11/25/2007, 01:52 AM
jaydfox Wrote:To give a very basic example, we can recenterAh, I see, it's as I expected. Then this is just the shift of
\( f(x) = x^2 + 3x - 1 \)
to
\(
\begin{eqnarray}
g(x) & = & f(x+1) \\
& = & (x+1)^2 +3(x+1) - 1 \\
& = & x^2 + 5x + 5
\end{eqnarray}
\)
(...)
If we want to find f(1), we simply find g(0).
(...)
V(x)~ * Bs = V(y)~
to
V(x')~ * Qs = V(y')~
with x' = x/t-1 which I also perform by multiplication by the Pascal-matrix. Good to know.

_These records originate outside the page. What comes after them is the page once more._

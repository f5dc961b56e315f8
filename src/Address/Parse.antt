-- ===== src/Address/Parse.antt =====
-- src/setka/address.cpp: addresses from strings. A string is the list of its characters before the
-- final zero, none of which is zero, and a pointer into it the list from there on.
pub mod Port
pub mod Whole
pub mod Bounds
use setka.Prelude.{
  ℕ, zero, suc, ◌+◌, ◌-◌, ◌*◌, ◌%◌, ◌^◌, ◌≡◌, ◌<◌, Bool, true, false, not, ◌&&◌, ◌||◌, Option, none,
  some, List, [], ◌∷◌, ◌++◌, reverse, leb, ltb, ◌==◌, if◌then◌else◌, length, All,
}
use setka.Utki.{Utki, Bytes, IsByte}
use setka.Address.{Ip, Address, of_v4, of_bytes}

-- `inet_pton` of the operating system: for `AF_INET` the number that `ntohl` makes of the result, for
-- `AF_INET6` the 16 bytes of the result; `none` if it does not return 1.
pub record Inet : Type 0 where
  pub pton4 : Bytes → Option ℕ
  pub pton6 : Bytes → Option Bytes
  pub pton4_lt : (s : Bytes) (h : ℕ) → pton4 s ≡ some h → h < 2 ^ 32
  pub pton6_bytes : (s bs : Bytes) → pton6 s ≡ some bs → (length bs ≡ 16) × All IsByte bs

unfoldable pub is_ip_v4_string : Bytes → Bool
is_ip_v4_string [] = false
is_ip_v4_string (c ∷ s) = if c == b'.' then true else if c == b':' then false else is_ip_v4_string s

-- A digit
abbrev pub is_digit : ℕ → Bool
is_digit c = leb b'0' c && leb c b'9'

abbrev pub starts_with_digit : Bytes → Bool
starts_with_digit [] = false
starts_with_digit (c ∷ s) = is_digit c

-- The first loop over the port: at most so many digits, and what follows them.
pub take_digits : ℕ → Bytes → Bytes × Bytes
take_digits zero s = ([], s)
take_digits (suc n) [] = ([], [])
take_digits (suc n) (c ∷ s) =
    let (digits, rest) = take_digits n s in if is_digit c then (c ∷ digits, rest) else ([], c ∷ s)

-- `pow` after `i` rounds, a `uint32_t`
pub power : ℕ → ℕ
power zero = 1
power (suc i) = power i * 10 % 2 ^ 32

-- The second loop, from the last digit to the first.
pub add_digits : ℕ → ℕ → Bytes → ℕ
unfolding power
add_digits i port [] = port
add_digits i port (c ∷ s) = add_digits (suc i) ((port + (c - b'0') * power i % 2 ^ 32) % 2 ^ 32) s

-- The part from the separator of the port on; `none` is the exception.
pub parse_port : Bytes → Option ℕ
unfolding add_digits take_digits
parse_port [] = some 0
parse_port (c ∷ s) =
    let (digits, rest) = take_digits 5 s in
    let port = add_digits 0 0 (reverse digits) in
    if not (c == b':')
    then none
    else if starts_with_digit rest
    then none
    else if ltb 0xffff port
    then none
    else some port

-- `a.s6_addr[0], ..., a.s6_addr[15]`
abbrev pub of_s6_addr : Bytes → Option Ip
of_s6_addr
      (a0 ∷ a1 ∷ a2 ∷ a3 ∷ a4 ∷ a5 ∷ a6 ∷ a7 ∷ a8 ∷ a9 ∷ a10 ∷ a11 ∷ a12 ∷ a13 ∷ a14 ∷ a15 ∷ s) =
    some (of_bytes a0 a1 a2 a3 a4 a5 a6 a7 a8 a9 a10 a11 a12 a13 a14 a15)
of_s6_addr _ = none

module _ (n : Inet) where
  abbrev pub parse_v4 : Bytes → Option Ip
  parse_v4 s = elim (n.pton4 s) [ none ↦ none | some h ↦ some (of_v4 h) ]

  abbrev pub parse_v6 : Bytes → Option Ip
  parse_v6 s = elim (n.pton6 s) [ none ↦ none | some bs ↦ of_s6_addr bs ]

  -- `ip::parse`
  pub parse : Bytes → Option Ip
  parse s = if is_ip_v4_string s then parse_v4 s else parse_v6 s

  -- `address(host_str, p)`; `none` is the exception of `ip::parse`.
  pub of_host : Bytes → ℕ → Option Address
  unfolding parse
  of_host s p = elim (parse s) [ none ↦ none | some h ↦ some (record { host = h; port = p }) ]

abbrev pub prepend : ℕ → Option (Bytes × Bytes) → Option (Bytes × Bytes)
prepend c none = none
prepend c (some (s, rest)) = some (c ∷ s, rest)

module _ (u : Utki) where
  -- The loop that copies what stands in brackets into a buffer of 46 characters, from an index on. What
  -- was copied, and the pointer behind the bracket.
  pub copy_v6 : ℕ → Bytes → Option (Bytes × Bytes)
  copy_v6 i [] = none
  copy_v6 i (c ∷ s) =
      let rest = copy_v6 (suc i) s in
      if c == b']'
      then some ([], s)
      else if not (u.overlaps (4 * 6 + 6 + (3 * 4 + 3) + 1) (i + 1))
      then none
      else prepend c rest

  -- The loop that copies an IPv4 address into a buffer of 16 characters.
  pub copy_v4 : ℕ → Bytes → Option (Bytes × Bytes)
  copy_v4 i [] = some ([], [])
  copy_v4 i (c ∷ s) =
      let rest = copy_v4 (suc i) s in
      if c == b':'
      then some ([], c ∷ s)
      else if not (u.overlaps (3 * 4 + 3 + 1) (i + 1))
      then none
      else prepend c rest

  -- The end of the constructor: a host, and the string from the port's separator on.
  abbrev pub with_port : Option Ip → Bytes → Option Address
  with_port none rest = none
  with_port (some h) rest = elim (parse_port rest) [
    | none ↦ none
    | some p ↦ some (record { host = h; port = p })
  ]

  -- `address(str)`; `none` is the exception.
  pub of_string : Inet → Bytes → Option Address
  unfolding copy_v6 copy_v4 parse_port is_ip_v4_string
  of_string n [] = none
  of_string n (c ∷ s) =
      if c == b'['
      then (elim (copy_v6 0 s) [
        | none ↦ none
        | some (copied, rest) ↦ with_port (parse_v6 n copied) rest
      ])
      else if is_ip_v4_string (c ∷ s)
      then (elim (copy_v4 0 (c ∷ s)) [
        | none ↦ none
        | some (copied, rest) ↦ with_port (parse_v4 n copied) rest
      ])
      else (elim (parse_v6 n (c ∷ s)) [
        | none ↦ none
        | some h ↦ some (record { host = h; port = 0 })
      ])
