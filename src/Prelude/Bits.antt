-- ===== src/Prelude/Bits.antt =====
-- Laws of `bit_and` and `bit_or` for the masks and shifts that the sources use. Both are recursions
-- on binary digits with a count; here the count is dropped, one digit at a time.
use Prim.Native.Nat.{
  ℕ, zero, suc, ◌+◌, ◌*◌, ◌/◌, ◌%◌, ◌^◌, ◌≤◌, ◌<◌, min, max, bit_and, bit_or, digits,
  bit_and-bitwise, bit_or-bitwise,
}
use mathlib.Core.Path.{◌≡◌, refl, sym, ◌∙◌}
use native.Mathlib.Nat.{pow-suc, mul_assoc}
use native.Mathlib.Omega.{arith}

module _ (rest : ℕ → ℕ) (digit : ℕ → ℕ → ℕ) where
  -- Any two counts that reach the first number's end agree.
  digits-count : (k l x y : ℕ) → x ≤ k → x ≤ l → digits rest digit k x y ≡ digits rest digit l x y
  digits-count zero zero x y hk hl = refl
  digits-count zero (suc l) (suc x) y hk hl = absurd (omega arith)
  digits-count (suc k) zero (suc x) y hk hl = absurd (omega arith)
  digits-count zero (suc l) zero y hk hl = refl
  digits-count (suc k) zero zero y hk hl = refl
  digits-count (suc k) (suc l) zero y hk hl = refl
  digits-count (suc k) (suc l) (suc x) y hk hl =
      let tail = digits-count k l (suc x / 2) (y / 2) (omega arith) (omega arith) in
      omega (arith, tail)

  digits-digit :
      (x y : ℕ)
      → digits rest digit (suc x) (suc x) y
        ≡ digits rest digit (suc x / 2) (suc x / 2) (y / 2) * 2 + digit (suc x % 2) (y % 2)
  digits-digit x y =
      let tail = digits-count x (suc x / 2) (suc x / 2) (y / 2) (omega arith) (omega arith) in
      omega (arith, tail)

and-digit : (x y : ℕ) → bit_and x y ≡ bit_and (x / 2) (y / 2) * 2 + min (x % 2) (y % 2)
and-digit zero y = omega (arith, bit_and-bitwise 0 y, bit_and-bitwise 0 (y / 2))
and-digit (suc x) y = omega (
  arith,
  bit_and-bitwise (suc x) y,
  bit_and-bitwise (suc x / 2) (y / 2),
  digits-digit (λ _. zero) min x y,
)

or-digit : (x y : ℕ) → bit_or x y ≡ bit_or (x / 2) (y / 2) * 2 + max (x % 2) (y % 2)
or-digit zero y = omega (arith, bit_or-bitwise 0 y, bit_or-bitwise 0 (y / 2))
or-digit (suc x) y = omega (
  arith,
  bit_or-bitwise (suc x) y,
  bit_or-bitwise (suc x / 2) (y / 2),
  digits-digit (λ d. d) max x y,
)

zero-bit_or : (y : ℕ) → bit_or 0 y ≡ y
zero-bit_or y = bit_or-bitwise 0 y

or-zero : (n x : ℕ) → x ≤ n → bit_or x 0 ≡ x
or-zero zero zero h = refl
or-zero zero (suc x) h = absurd (omega arith)
or-zero (suc n) zero h = refl
or-zero (suc n) (suc x) h = omega (arith, or-digit (suc x) 0, or-zero n (suc x / 2) (omega arith))

-- `(hi << k) | lo` is a sum, where `lo` has `k` bits.
pub bit_or-shift : (k hi lo : ℕ) → lo < 2 ^ k → bit_or (hi * 2 ^ k) lo ≡ hi * 2 ^ k + lo
bit_or-shift zero hi lo h =
    let empty : lo ≡ 0 = omega arith in
    rw empty (or-zero (hi * 2 ^ 0) (hi * 2 ^ 0) (omega arith) ∙ omega arith)
bit_or-shift (suc k) hi lo h =
    let full : hi * 2 ^ suc k ≡ hi * 2 ^ k * 2 = rw pow-suc (sym (mul_assoc hi (2 ^ k) 2)) in
    let half : hi * 2 ^ suc k / 2 ≡ hi * 2 ^ k = omega (arith, full) in
    let below = bit_or-shift k hi (lo / 2) (omega (arith, pow-suc 2 k)) in
    or-digit (hi * 2 ^ suc k) lo ∙ rw half (omega (arith, full, below))

and-zero : (n x : ℕ) → x ≤ n → bit_and x 0 ≡ 0
and-zero zero zero h = refl
and-zero zero (suc x) h = absurd (omega arith)
and-zero (suc n) zero h = refl
and-zero (suc n) (suc x) h =
    omega (arith, and-digit (suc x) 0, and-zero n (suc x / 2) (omega arith))

-- The lowest four bits.
pub bit_and_fifteen : (x : ℕ) → bit_and x 0xf ≡ x % 16
bit_and_fifteen x = omega (
  arith,
  and-digit x 15,
  and-digit (x / 2) 7,
  and-digit (x / 2 / 2) 3,
  and-digit (x / 2 / 2 / 2) 1,
  and-zero (x / 2 / 2 / 2 / 2) (x / 2 / 2 / 2 / 2),
)

and_even : (x y : ℕ) → bit_and x (2 * y) ≡ 2 * bit_and (x / 2) y
and_even x y =
    let even : 2 * y / 2 ≡ y = omega arith in omega (arith, rw even at (and-digit x (2 * y)))

and_sixteen : (x y : ℕ) → bit_and x (16 * y) ≡ 16 * bit_and (x / 16) y
and_sixteen x y =
    let mask : 16 * y ≡ 2 * (2 * (2 * (2 * y))) = omega arith in
    let halves : x / 16 ≡ x / 2 / 2 / 2 / 2 = omega arith in
    rw (mask, halves)
      (omega (
        arith,
        and_even x (2 * (2 * (2 * y))),
        and_even (x / 2) (2 * (2 * y)),
        and_even (x / 2 / 2) (2 * y),
        and_even (x / 2 / 2 / 2) y,
      ))

-- The highest of sixteen bits.
pub bit_and_sign : (x : ℕ) → bit_and x 0x8000 ≡ x / 32768 % 2 * 32768
bit_and_sign x = omega (
  arith,
  and_sixteen x 2048,
  and_sixteen (x / 16) 128,
  and_sixteen (x / 16 / 16) 8,
  and_even (x / 16 / 16 / 16) 4,
  and_even (x / 16 / 16 / 16 / 2) 2,
  and_even (x / 16 / 16 / 16 / 2 / 2) 1,
  and-digit (x / 16 / 16 / 16 / 2 / 2 / 2) 1,
  and-zero (x / 16 / 16 / 16 / 2 / 2 / 2 / 2) (x / 16 / 16 / 16 / 2 / 2 / 2 / 2),
)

It's the same way, as I described it occasionally, to get "exact terms", when the terms in the columns of the Bs-matrix are badly conditioned.
It is just
V(x)~ * Bs = V(y)~
where
Bs = dV(1/t)*P^-1~ * Q * P ~ * dV(t)
and then using associativity
V(x)~ * dV(1/t) * P^-1~ = V(x/t-1)~ = V(x')~
and then
V(x')~ * Q * P~ * dV(t) = V(y)~
V(x')~ * Q = V(y)~ *dV(1/t) * P^-1 ~
V(x')~ * Q = V(y/t-1)~ = V(y')~
where Q is triangular: for height=1 it contains the Stirling kind 2, and for height=-1 (the inverse) the stirling kind 1 numbers, factorial scaled, such that it performs for base b=exp(1)
V(x)~ * Q = V(exp(x)-1)~
or general base b
V(x)~ * Q = V(b^x-1)~
and its inverse (stirling kind 1)
V(x)~ * Q^-1 = V(log(1+x)/log(b)) ~
So essentially we do the same thing here, well...
Gottfried
Gottfried Helms, Kassel